Oftentimes I imagine that life is screwing with me, introducing cute little stressors for me to deal with. They especially seem to appear during times of relative ease. Oh, your life is a bit too comfortable, you’re due for a challenge Rich, here ya go. Uh, thanks. But this regular introduction of turbulence seems too consistent to be anything but artificial — and once I realize that: poof, I’ve pierced the veil and life’s fiction becomes too obvious to stress over.
Life is unrest — in easy times, boredom — in hard times, stress. Things worsen, things improve. Even if we recognize the cycles, we must participate. Even if we understand the futility of life’s ongoings, we must engage.
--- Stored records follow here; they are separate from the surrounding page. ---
-- ===== src/Approval/Submit.antt =====
-- `ApprovalService.SubmitDecision` (internal/transport/http/services.go).
pub mod Cases
pub mod Quorum
use release_engine.Prelude.{
  ℕ, String, ◌-◌, ◌||◌, Bool, true, false, not, Option, none, some, [], ◌∷◌, ◌==◌, ltb, eqb, join,
  if◌then◌else◌, lookup, insert, count, is_some, Dict, Result, ok, err,
}
use release_engine.Prelude.Int.{duration_between}
use release_engine.Outbox
use release_engine.Approval.State.{
  Runtime, ApprovalPolicy, DecisionRecord, Step, decided, ApprovalEvent, approval_decision,
  approval_latency, DecisionInput, DecisionOutput, Log, Service, waiting_approval,
}
use release_engine.Approval.Policy.{
  ApprovalPolicyInput, ApprovalPolicyResult, contains, evaluate_approval,
}
use release_engine.Approval.Service.{step_map_key, record_metric, record_event}

pub data SubmitError : Type 0 where
  step_not_found not_waiting idempotency_conflict decision_conflict forbidden policy_violation :
      SubmitError

abbrev pub is_approved : DecisionRecord → Bool
is_approved d = d.decision == "approved"

-- `requiredApprovals`
abbrev pub required_approvals : ApprovalPolicy → ℕ
required_approvals p = if ltb p.min_approvers 1 then 1 else p.min_approvers

abbrev pub payload_hash : DecisionInput → String
payload_hash input =
    join "|"
      (input.job_id ∷ input.step_id ∷ input.decision ∷ input.justification ∷ input.approver ∷ [])

abbrev pub policy_input : DecisionInput → Step → ApprovalPolicyInput
policy_input input step = record {
  approver = input.approver;
  approver_role = input.approver_role;
  approver_tenant_id = input.approver_tenant_id;
  job_owner = step.job_owner;
  job_tenant_id = step.tenant_id;
  path_key = step.path_key;
  step_key = step.step_id;
  blast_radius = step.context.blast_radius;
  metadata = step.context.metadata;
  allowed_roles = step.policy.allowed_roles;
  self_approval = step.policy.self_approval;
  min_approvers = step.policy.min_approvers;
}

abbrev pub recorded : ℕ → DecisionInput → DecisionRecord
recorded now input = record {
  decision = input.decision;
  approver = input.approver;
  justification = input.justification;
  created_at = now;
}

-- `remaining`, cut off at 0 as `-` on ℕ does.
abbrev pub remaining_approvals : ApprovalPolicy → Dict DecisionRecord → ℕ
remaining_approvals policy decisions = required_approvals policy - count is_approved decisions

-- The step after the decision is recorded.
unfoldable pub decide : ℕ → DecisionInput → Step → Step
decide now input step =
    let decisions = insert input.approver (recorded now input) step.decisions in
    record step {
      decisions = decisions;
      status =
          if input.decision == "rejected"
          then "error"
          else if eqb (remaining_approvals step.policy decisions) 0
          then "running"
          else step.status;
    }

abbrev pub decision_output : ℕ → DecisionInput → Step → DecisionOutput
decision_output now input step = record {
  job_id = input.job_id;
  step_id = input.step_id;
  decision = input.decision;
  state = step.status;
  idempotency_key = input.idempotency_key;
  idempotent_replay = false;
  remaining_approvals = remaining_approvals step.policy step.decisions;
  recorded_at = now;
  violations = [];
}

abbrev pub decided_event : ℕ → DecisionInput → ApprovalEvent
decided_event now input = record {
  event_type = Outbox.approval_decided;
  job_id = input.job_id;
  step_id = input.step_id;
  occurred_at = now;
  payload = decided input.decision input.approver input.justification;
}

abbrev pub log_decision : ℕ → DecisionInput → Step → Log → Log
log_decision now input step log = record_event (decided_event now input) (
    record_metric
      (approval_latency step.tenant_id step.path_key (duration_between now step.requested_at))
      (record_metric (approval_decision step.tenant_id step.path_key step.step_id input.decision)
        log))

-- From `recordedAt := …` to the end, for an accepted decision.
unfoldable pub accept : ℕ → DecisionInput → Step → Service → Service × DecisionOutput
accept now input step s =
    let step' = decide now input step in
    let output = decision_output now input step' in
    (
      record s {
        steps = insert (step_map_key input.job_id input.step_id) step' s.steps;
        idem =
            insert input.idempotency_key
              (record { payload_hash = payload_hash input; output = output }) s.idem;
        log = log_decision now input step s.log;
      },
      output,
    )

abbrev pub refusal : ApprovalPolicyResult → SubmitError
refusal r =
    if contains r.violations "self_approval_blocked" || contains r.violations "budget_exceeded"
    then policy_violation
    else forbidden

module _ (rt : Runtime) where
  -- The guards behind the idempotency check, for a step that exists.
  unfoldable pub submit_fresh :
      ℕ → DecisionInput → Step → Service → Service × Result SubmitError DecisionOutput
  submit_fresh now input step s =
      let policy_result = evaluate_approval rt (policy_input input step) in
      let (s', output) = accept now input step s in
      if not (step.status == waiting_approval)
      then (s, err not_waiting)
      else if is_some (lookup input.approver step.decisions)
      then (s, err decision_conflict)
      else if not policy_result.allowed
      then (s, err (refusal policy_result))
      else (s', ok output)

  -- `SubmitDecision`
  unfoldable pub submit_decision :
      ℕ → DecisionInput → Service → Service × Result SubmitError DecisionOutput
  submit_decision now input s = elim (lookup (step_map_key input.job_id input.step_id) s.steps) [
    | none ↦ (s, err step_not_found)
    | some step ↦ elim (lookup input.idempotency_key s.idem) [
      | none ↦ submit_fresh now input step s
      | some existing ↦
          if not (existing.payload_hash == payload_hash input)
          then (s, err idempotency_conflict)
          else (s, ok (record (existing.output) { idempotent_replay = true }))
    ]
  ]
Ultimately we want to be here, that’s why we play this game, again and again. Life in its entirety is not meaningless, it’s entertainment.
At some point, many of us perceive life with an uncomfortable intensity. And from this, we often end up distressed. But it’s not what’s happening around us that’s the problem, it’s the degree that we let life affect us.
Imagine you’re in a theater watching a horror movie, and it gets to the scariest part, and you’re starting to freak out — so much so, that you decide it’s time to relax, but you can’t leave or look away — what do you do?
One option is to expand your perspective: instead of placing your point of view within the movie, notice that you’re actually in a theater, watching a movie intended for entertainment purposes, made by actors wearing costumes, using fake blood and movie props, reciting lines written by some writer, shot with a camera, now projected on a large screen, with flashing patterns of colored light.
Your original perspective had you feeling as though you were actually in the movie, living the life of the character, but this wasn’t true. The more truthful perspective is as an observer in the theater — and this realization is the remedy to your anxiety.
Upon the wheel, we mold our life of clay, shaping our ideal. Not believing in dire consequences, we maintain an attitude of play. Tweaking our design, what doesn’t work, we try again — or at a different time, serenely moving to another facet. And when perfection eludes, we accept our medium’s inherent traits. Bending and manipulating only until we sense the strain, ceasing before a crack. Our goal, not the final product, but the enjoyment derived while sculpting.
When we want things to be a certain way, and they won’t budge, but we keep pushing — we develop stress and dissatisfaction.
To relieve this stress and obtain satisfaction, stop pushing when something shows itself to be unmovable, then accept its position.
How do we know an object is currently unmovable or whether we just need to try harder? Measure it by the levels of strain and discontentment the pushing produces. If the effort is an enjoyable challenge, keep pushing, otherwise stop.